Copy out, from the entries below, each line that holds the string "range".

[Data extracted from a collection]
++++++++++++++++++++

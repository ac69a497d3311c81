-- ===== src/Keyboard/Hosted.antt =====
-- The keyboard driver of kernel/keyboard.c where it is built with TEST_MODE: it reads the host's
-- standard input. The host's functions are a parameter.
use alpha_os.Prelude.{
  ℕ, zero, suc, ◌+◌, ◌-◌, ◌%◌, ◌^◌, ◌≡◌, ◌&&◌, ◌||◌, not, Option, none, some, List, [], ◌∷◌, ◌++◌,
  codes, ltb, leb, ◌==◌, if◌then◌else◌, length, take,
}
use alpha_os.CString.{◌>>=◌}
use alpha_os.CString.Spec.{Text}
use alpha_os.Stdio.Hosted.{hosted_printf}

-- The host's `getchar` (`none` is EOF), `fputc(c, stdout)` and `fflush(stdout)`.
pub record Terminal : Type 1 where
  pub State : Type 0
  pub getchar : State → Option ℕ × State
  pub fputc : ℕ → State → State
  pub fflush : State → State

-- What their documentation says of the bytes still to be read, and of those written.
pub record Obeys (t : Terminal) : Type 0 where
  pub pending : t.State → List ℕ
  pub output : t.State → Text
  pub next :
      (s : t.State) (c : ℕ) (cs : List ℕ)
      → pending s ≡ c ∷ cs
      → ((t.getchar s).0 ≡ some c)
        × (pending (t.getchar s).1 ≡ cs)
        × (output (t.getchar s).1 ≡ output s)
  pub at_end :
      (s : t.State) → pending s ≡ [] → ((t.getchar s).0 ≡ none) × (pending (t.getchar s).1 ≡ [])
  pub writes :
      (c : ℕ) (s : t.State)
      → (pending (t.fputc c s) ≡ pending s) × (output (t.fputc c s) ≡ output s ++ c ∷ [])
  pub flushes :
      (s : t.State) → (pending (t.fflush s) ≡ pending s) × (output (t.fflush s) ≡ output s)

module _ (t : Terminal) where
  open t use {State, getchar, fputc, fflush}

  -- `while (pos < buffer_size - 1) ..`. EOF becomes the `char` -1, which is no key of the three kinds.
  unfoldable pub hosted_loop : (fuel limit : ℕ) (line : Text) → State → Option (Text × State)
  hosted_loop zero limit line s = none
  hosted_loop (suc f) limit line s =
      let (c, s1) = getchar s in
      if not (ltb (length line) limit) then some (line, s) else elim c [
        | none ↦ hosted_loop f limit line s1
        | some k ↦
            let ignored = hosted_loop f limit line s1 in
            let shown = hosted_loop f limit (line ++ k ∷ []) (fflush (fputc k s1)) in
            let erased = hosted_printf f (codes "\u{8} \u{8}") [] >>= λ n.
            hosted_loop f limit (take (length line - 1) line) (fflush s1) in
            if (k == 10) || (k == 13)
            then some (line, s1)
            else if (k == 8) || (k == 127)
            then (if ltb 0 (length line) then erased else ignored)
            else if leb 32 k && leb k 126
            then shown
            else ignored
      ]

  unfoldable pub hosted_get_line : (fuel buffer_size : ℕ) → State → Option (ℕ × Text × State)
  hosted_get_line fuel buffer_size s =
      hosted_loop fuel ((buffer_size + 2 ^ 32 - 1) % 2 ^ 32) [] s >>= λ (line, s1).
      some (length line, line, fputc 10 s1)
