-- ===== src/Keyboard/Queue.antt =====
-- The ring buffer of keyboard.c as a queue of at most 255 characters.
use alpha_os.Prelude.{
  ℕ, zero, suc, ◌+◌, ◌-◌, ◌%◌, ◌≤◌, ◌<◌, ◌≡◌, refl, ap, ◌∙◌, true, false, List, [], ◌∷◌, ◌++◌,
  arith, ltb, ◌==◌, if◌then◌else◌, length, inl, inr, Bool-cases, append-nil, not, ◌/◌, ◌||◌,
}
use alpha_os.Bytes.{Memory, poke}
use alpha_os.Keyboard.{
  Keyboard, Reading, key_at, keyboard_available, keyboard_read, push_key, keyboard_poll,
  keyboard_clear_buffer,
}

-- `n` characters of the ring from `t` on.
abbrev pub window : Memory → (t n : ℕ) → List ℕ
window b t zero = []
window b t (suc n) = b t ∷ window b ((t + 1) % 256) n

abbrev pub used : Keyboard → ℕ
used k = (k.head + 256 - k.tail) % 256

-- The characters that wait to be read, the first of them first.
abbrev pub pending : Keyboard → List ℕ
pending k = window k.buffer k.tail (used k)

abbrev pub IsRing : Keyboard → Type 0
IsRing k = (k.head < 256) × (k.tail < 256)

pub length-window : (b : Memory) (t n : ℕ) → length (window b t n) ≡ n
length-window b t zero = refl
length-window b t (suc n) = ap suc (length-window b ((t + 1) % 256) n)

window-snoc :
    (b : Memory) (t n : ℕ) → t < 256 → window b t (suc n) ≡ window b t n ++ (b ((t + n) % 256) ∷ [])
window-snoc b t zero h = ap (λ i. b i ∷ []) (omega arith)
window-snoc b t (suc n) h =
    ap (λ cs. b t ∷ cs)
      (window-snoc b ((t + 1) % 256) n (omega arith)
        ∙ ap (λ i. window b ((t + 1) % 256) n ++ (b i ∷ [])) (omega arith))

-- A write behind the window keeps it.
window-poke :
    (b : Memory) (h t n v : ℕ)
    → h < 256
    → t < 256
    → n ≤ (h + 256 - t) % 256
    → window (poke b h v) t n ≡ window b t n
unfolding poke
window-poke b h t zero v hh ht hn = refl
window-poke b h t (suc n) v hh ht hn =
    ground (arith, window-poke b h ((t + 1) % 256) n v hh (omega arith) (omega arith))

poke_self : (b : Memory) (h v i : ℕ) → i ≡ h → poke b h v i ≡ v
unfolding poke
poke_self b h v i e = ground arith

pub push_key-IsRing : (k : Keyboard) (c : ℕ) → IsRing k → IsRing (push_key k c)
unfolding push_key
push_key-IsRing k c (hh, ht) = ground arith

push_key-full : (k : Keyboard) (c : ℕ) → IsRing k → used k ≡ 255 → push_key k c ≡ k
unfolding push_key
push_key-full k c (hh, ht) full = ground arith

push_key-stored :
    (k : Keyboard) (c : ℕ)
    → IsRing k
    → used k < 255
    → pending (push_key k c) ≡ pending k ++ (c ∷ [])
unfolding push_key
push_key-stored k c (hh, ht) room =
    let next : push_key k c
        ≡ record k { buffer = poke k.buffer k.head c; head = (k.head + 1) % 256 } =
      ground arith in
    rw next (
      ap (window (poke k.buffer k.head c) k.tail) {y = suc (used k)} (omega arith)
      ∙ window-snoc (poke k.buffer k.head c) k.tail (used k) ht
      ∙ ap (λ cs. cs ++ (poke k.buffer k.head c ((k.tail + used k) % 256) ∷ []))
          (window-poke k.buffer k.head k.tail (used k) c hh ht (omega arith))
      ∙ ap (λ v. pending k ++ (v ∷ []))
          (poke_self k.buffer k.head c ((k.tail + used k) % 256) (omega arith)))

pub push_key_lem :
    (k : Keyboard) (c : ℕ)
    → IsRing k
    → pending (push_key k c)
      ≡ (if ltb (length (pending k)) 255 then pending k ++ (c ∷ []) else pending k)
push_key_lem k c h = elim (Bool-cases (ltb (used k) 255)) [
  | inl room ↦
      let stored = push_key-stored k c h (ground arith) in
      rw (length-window k.buffer k.tail (used k), room) stored
  | inr full ↦
      let same = push_key-full k c h (ground arith) in
      rw (length-window k.buffer k.tail (used k), full) (ap pending same)
]

-- The first of the characters, or 0 where there is none, and the others.
unfoldable pub taken : List ℕ → ℕ × List ℕ
taken [] = (0, [])
taken (c ∷ cs) = (c, cs)

-- A read of a ring with its indices in range takes the first of the characters that wait and leaves
-- the others, and gives 0 where none waits.
pub keyboard_read_lem :
    (k : Keyboard)
    → IsRing k
    → ((keyboard_read k).0, pending (keyboard_read k).1) ≡ taken (pending k)
unfolding keyboard_read taken
keyboard_read_lem k (hh, ht) = elim (Bool-cases (k.head == k.tail)) [
  | inl empty ↦ let none_left : used k ≡ 0 = ground arith in rw (empty, none_left) refl
  | inr some_left ↦
      let more : used k ≡ suc ((k.head + 256 - (k.tail + 1) % 256) % 256) = ground arith in
      rw (some_left, more) refl
]

pub keyboard_read-IsRing : (k : Keyboard) → IsRing k → IsRing (keyboard_read k).1
unfolding keyboard_read
keyboard_read-IsRing k (hh, ht) = ground arith

pub keyboard_available_lem :
    (k : Keyboard) → IsRing k → keyboard_available k ≡ not (length (pending k) == 0)
unfolding keyboard_available
keyboard_available_lem k (hh, ht) = rw (length-window k.buffer k.tail (used k)) (ground arith)

-- Where a character is available, a read splits the queue.
pub read_first :
    (k : Keyboard)
    → IsRing k
    → keyboard_available k ≡ true
    → pending k ≡ (keyboard_read k).0 ∷ pending (keyboard_read k).1
unfolding keyboard_read keyboard_available
read_first k (hh, ht) h =
    let some_left : (k.head == k.tail) ≡ false = ground arith in
    let more : used k ≡ suc ((k.head + 256 - (k.tail + 1) % 256) % 256) = ground arith in
    rw (some_left, more) refl

-- The characters that a reading brings: at most one.
abbrev pub decoded : Reading → List ℕ
decoded (status, scancode) =
    if (status % 2 == 0) || not (scancode / 128 % 2 == 0) || (key_at scancode == 0)
    then []
    else key_at scancode ∷ []

pub keyboard_poll-IsRing : (k : Keyboard) (r : Reading) → IsRing k → IsRing (keyboard_poll k r)
unfolding keyboard_poll
keyboard_poll-IsRing k (status, scancode) h = ground (arith, push_key-IsRing k (key_at scancode) h)

-- A poll of a ring with its indices in range appends the character that the reading brings, if any,
-- to the queue, where fewer than 255 wait, and else leaves the queue as it is.
pub keyboard_poll_lem :
    (k : Keyboard) (r : Reading)
    → IsRing k
    → pending (keyboard_poll k r)
      ≡ (if ltb (length (pending k)) 255 then pending k ++ decoded r else pending k)
unfolding keyboard_poll
keyboard_poll_lem k (status, scancode) h =
    elim (Bool-cases
      ((status % 2 == 0) || not (scancode / 128 % 2 == 0) || (key_at scancode == 0))) [
        | inl nothing ↦
            let same : keyboard_poll k (status, scancode) ≡ k = ground arith in
            rw (same, nothing, append-nil (pending k)) (ground arith)
        | inr key ↦
            let pushed : keyboard_poll k (status, scancode) ≡ push_key k (key_at scancode) =
              ground arith in
            rw (pushed, key) (push_key_lem k (key_at scancode) h)
      ]

pub keyboard_clear_buffer_lem : (k : Keyboard) → IsRing k → pending (keyboard_clear_buffer k) ≡ []
unfolding keyboard_clear_buffer
keyboard_clear_buffer_lem k (hh, ht) = ap (window k.buffer k.tail) {y = 0} (omega arith)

++++++++++++++++++++

Response for this exercise:
-- A read of a ring with its indices in range takes the first of the characters that wait and leaves
-- A poll of a ring with its indices in range appends the character that the reading brings, if any,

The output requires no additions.